RHICL, which started operations in October 2018, has sold just 82,134 policies as of March 2019. These policies will now be taken care of by RGICL and there is no cause for panic for policyholders. We explain the process, but first a bit about what happened at RHICL.
What happened with RHICL
RHICL’s solvency margin dipped to 63% in September from 106% in June. In a letter dated 26 September 2019, the regulator asked the company to restore the solvency to the minimum requirement by 30 September. However, in October, Reliance Capital Ltd, the sole promoter of the insurer, admitted to not being able to restore the margin (in a letter to Irdai) and said that the proposed induction of a new investor was not proceeding as envisaged and, therefore, it would like to merge the company with RGICL.
Noting RHICL’s declining solvency, Irdai concluded that it won’t be in policyholders’ favour to continue the health insurance business. After weighing all the options and considering that Reliance Capital is the sole promoter of both RHICL and RGICL, Irdai decided to entrust RHICL’s insurance portfolio to RGICL. As of September, RHICL has a market share of only 0.01%, whereas RGICL has a market share of 4.63%.
Impact on policyholders
Irdai has asked RHICL to ensure policyholders are not impacted in the long run.
In a statement, RGICL said there will be no impact on policyholders due to the transition, which will begin from 15 November, and they will continue to avail the benefits as per the policies’ terms and conditions. “Customers will most likely not get impacted given that RGICL has mentioned there is only a marginal impact on their solvency ratio due to the merger," said Mahavir Chopra, director, health, life and strategic initiatives, Coverfox, an insurance broking firm.
During such events, insurers are required to submit plans of the merger to Irdai that include insuring seamless claims and customer service transition. “The products will get integrated into the RGICL portfolio and there could only be a change in the name of the products, customer service numbers, etc., which RGICL will need to communicate with the customers of RHICL. Policyholders need not do anything other than expecting communication through various modes and be aware of the change in toll-free numbers, website etc.," added Chopra.
Kapil Mehta, co-founder, Securenow.in, an insurance broker, too said no sizeable impact is expected because the insurer’s customer base is quite small.

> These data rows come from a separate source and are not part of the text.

-- ===== src/Locks/Repository/Owners.antt =====
-- validate_locks.py: the recipes that own the locks.
use home_lab.Prelude.{
  ◌≡◌, refl, sym, ap, subst, ◌∙◌, ℕ, String, Bool, true, false, ◌||◌, List, [], ◌∷◌, ◌++◌, All, In,
  inl, inr, str_eq_iff, Bool-cases, if◌then◌else◌, arith,
}
use home_lab.Prelude.Dict.{Dict, contains, contains-put}
use home_lab.Program.{◌>>=◌, pure}
use home_lab.Locks.Checks.{Check, Python, is_in}
use home_lab.Locks.Checks.Passes.{Gives, Gives-bind}
use home_lab.Locks.Recipe.{Locked}
use home_lab.Locks.Repository.{
  Manifest, RecipeFile, Seen, Tree, nothing_seen, caught_of_recipe, catching, is_recipe, recipes_in,
  check_recipe, check_recipes, all_used, add_manifests, validate_repository,
}
use home_lab.Locks.Repository.Loops.{
  Kept, IsAccepted, Gives-catching, add_manifests-All, validate_repository-Run,
}

is_in-append : (k : String) (js ks : List String) → is_in k (js ++ ks) ≡ (is_in k js || is_in k ks)
is_in-append k [] ks = refl
is_in-append k (j ∷ js) ks = ground (arith, is_in-append k js ks)

map-All :
    {A : Type 0} {P Q : A → Type 0} → ((x : A) → P x → Q x) → (xs : List A) → All P xs → All Q xs
map-All f [] h = tt
map-All f (x ∷ xs) h = (f x h.0, map-All f xs h.1)

used_lock :
    (k : String) (locks : Dict Locked) (used : List String)
    → all_used locks used ≡ true
    → contains k locks ≡ true
    → is_in k used ≡ true
used_lock k [] used a e = ground (arith, e)
used_lock k ((j, l) ∷ locks) used a e =
    ground (arith, used_lock k locks used, str_eq_iff j k, ap (λ i. is_in i used))

In-recipes_in :
    (file : RecipeFile) (files : List RecipeFile)
    → In file (recipes_in files)
    → In file files × (is_recipe file ≡ true)
In-recipes_in file [] i = elim i [ ]
In-recipes_in file (f ∷ files) i = go (is_recipe f) refl i (In-recipes_in file files)
  where
    go :
        (b : Bool)
        → is_recipe f ≡ b
        → In file (if b then f ∷ recipes_in files else recipes_in files)
        → (In file (recipes_in files) → In file files × (is_recipe file ≡ true))
        → In file (f ∷ files) × (is_recipe file ≡ true)
    go true e (inl h) ih = (inl h, ap is_recipe h ∙ e)
    go true e (inr j) ih = (inr (ih j).0, (ih j).1)
    go false e j ih = (inr (ih j).0, (ih j).1)

module _ (python : Python) where
  -- A recipe that passes, and uses this directory
  abbrev pub IsUsedBy : Dict Locked → String → RecipeFile → Type 0
  IsUsedBy locks k file =
      (mods : List String) × Gives (check_recipe python locks file) mods × (is_in k mods ≡ true)

  used_by :
      (locks : Dict Locked) (k : String) (files : List RecipeFile) (used : List String)
      → Gives (check_recipes python locks files) used
      → is_in k used ≡ true
      → (file : RecipeFile) × In file files × IsUsedBy locks k file
  unfolding check_recipes
  used_by locks k [] used p e =
      let none_used : [] ≡ used = ground (arith, p) in
      ground (arith, subst (λ u. is_in k u ≡ true) (sym none_used) e)
  used_by locks k (file ∷ files) used p e =
      let rest : List String → Check (List String) =
        λ first. check_recipes python locks files >>= λ more. pure (first ++ more) in
      let checked = catching caught_of_recipe file.path.stem (check_recipe python locks file) in
      let both = Gives-bind checked rest used p in
      let first =
        Gives-catching caught_of_recipe file.path.stem (check_recipe python locks file) both.value
          both.first in
      let last =
        Gives-bind (check_recipes python locks files) (λ more. pure (both.value ++ more)) used
          both.second in
      let whole : both.value ++ last.value ≡ used = ground (arith, last.second) in
      let found : (is_in k both.value || is_in k last.value) ≡ true =
        sym (is_in-append k both.value last.value) ∙ ap (is_in k) whole ∙ e in
      let in_rest : is_in k both.value ≡ false → is_in k last.value ≡ true =
        λ f. ground (arith, found, f) in
      elim (Bool-cases (is_in k both.value)) [
        | inl here ↦ (file, inl refl, (both.value, first, here))
        | inr f ↦ later_file (used_by locks k files last.value last.first (in_rest f))
      ]
    where
      later_file :
          (g : RecipeFile) × In g files × IsUsedBy locks k g
          → (g : RecipeFile) × In g (file ∷ files) × IsUsedBy locks k g
      later_file (g, i, u) = (g, inr i, u)

  -- The lock of each manifest is found under its resolved directory.
  listed_locks : Kept python (λ m l seen. contains m.resolved seen.locks ≡ true)
  listed_locks = record {
    made = λ m seen more turn.
        ap (contains m.resolved) turn.locks
        ∙ ground (
          arith,
          contains-put m.resolved m.resolved turn.locked seen.locks,
          str_eq_iff m.resolved m.resolved,
        );
    kept = λ n seen more turn m l h.
        ap (contains m.resolved) turn.locks
        ∙ ground (arith, contains-put n.resolved m.resolved turn.locked seen.locks, h);
  }

  -- Where `validate_repository` returns: every manifest is accepted with a lock, and there is a file,
  -- a recipe by its place, that passes with the locks that the loop over the manifests found and refers to the directory of
  -- the manifest.
  pub validate_repository-owners :
      (tree : Tree) (counts : ℕ × ℕ)
      → Gives (validate_repository python tree) counts
      → (seen : Seen) × Gives (add_manifests python tree.manifests nothing_seen) seen
        × All
            (λ m.
              ((l : Locked) × IsAccepted python m l)
              × ((file : RecipeFile) × In file tree.files
                  × (is_recipe file ≡ true)
                  × IsUsedBy seen.locks m.resolved file))
            tree.manifests
  validate_repository-owners tree counts p =
      let run = validate_repository-Run python tree counts p in
      let K : Manifest → Locked → Seen → Type 0 = λ m l s. contains m.resolved s.locks ≡ true in
      let all =
        (add_manifests-All python K listed_locks tree.manifests nothing_seen run.seen
          run.added).0 in
      (
        run.seen,
        run.added,
        map-All
            (λ m found.
              let used = used_lock m.resolved run.seen.locks run.used run.owned found.2 in
              let owner =
                used_by run.seen.locks m.resolved (recipes_in tree.files) run.used run.checked
                  used in
              let place = In-recipes_in owner.0 tree.files owner.1 in
              ((found.0, found.1), (owner.0, place.0, place.1, owner.2)))
            tree.manifests all,
      )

According to Irdai, gross direct premium underwritten by RHICL till 31 March 2019 was only ₹4.09 crore, whereas RGICL reported ₹6,191.03 crore. “Similar situations have occurred in the past where one insurer has left the country and transferred their book to another so it’s nothing to worry too much about," said Mehta.
The way ahead
Irdai has asked RHICL to transfer RGICL all the investments pertaining to policyholders and those lying in shareholders’ account, bank balance and cash in hand and all cheques lying with agents and branches of RHICL by way of premium collection. RGICL has also been asked to maintain a separate account to disburse the liabilities (claims) of policyholders of RHICL which arise on or after 15 November. Until then, the liabilities will be discharged by RHICL.
The troubled insurer will have to give notice to all policyholders, informing them about the changes and about the procedure to file claims with RGICL to settle the claims. Also, RHICL shall completely stop underwriting new business; a communication about that has already been displayed on the company’s website.
After 15 November, RGICL will service the claims of the ailing insurer by displaying the procedure for the same on its website. Also, RGICL can neither sell any new policy on behalf of RHICL nor renew existing ones. Existing policyholders will be given the option to port their policies at the time of renewal to other insurers, including RGICL, which can’t deny a cover, said the company’s spokesperson.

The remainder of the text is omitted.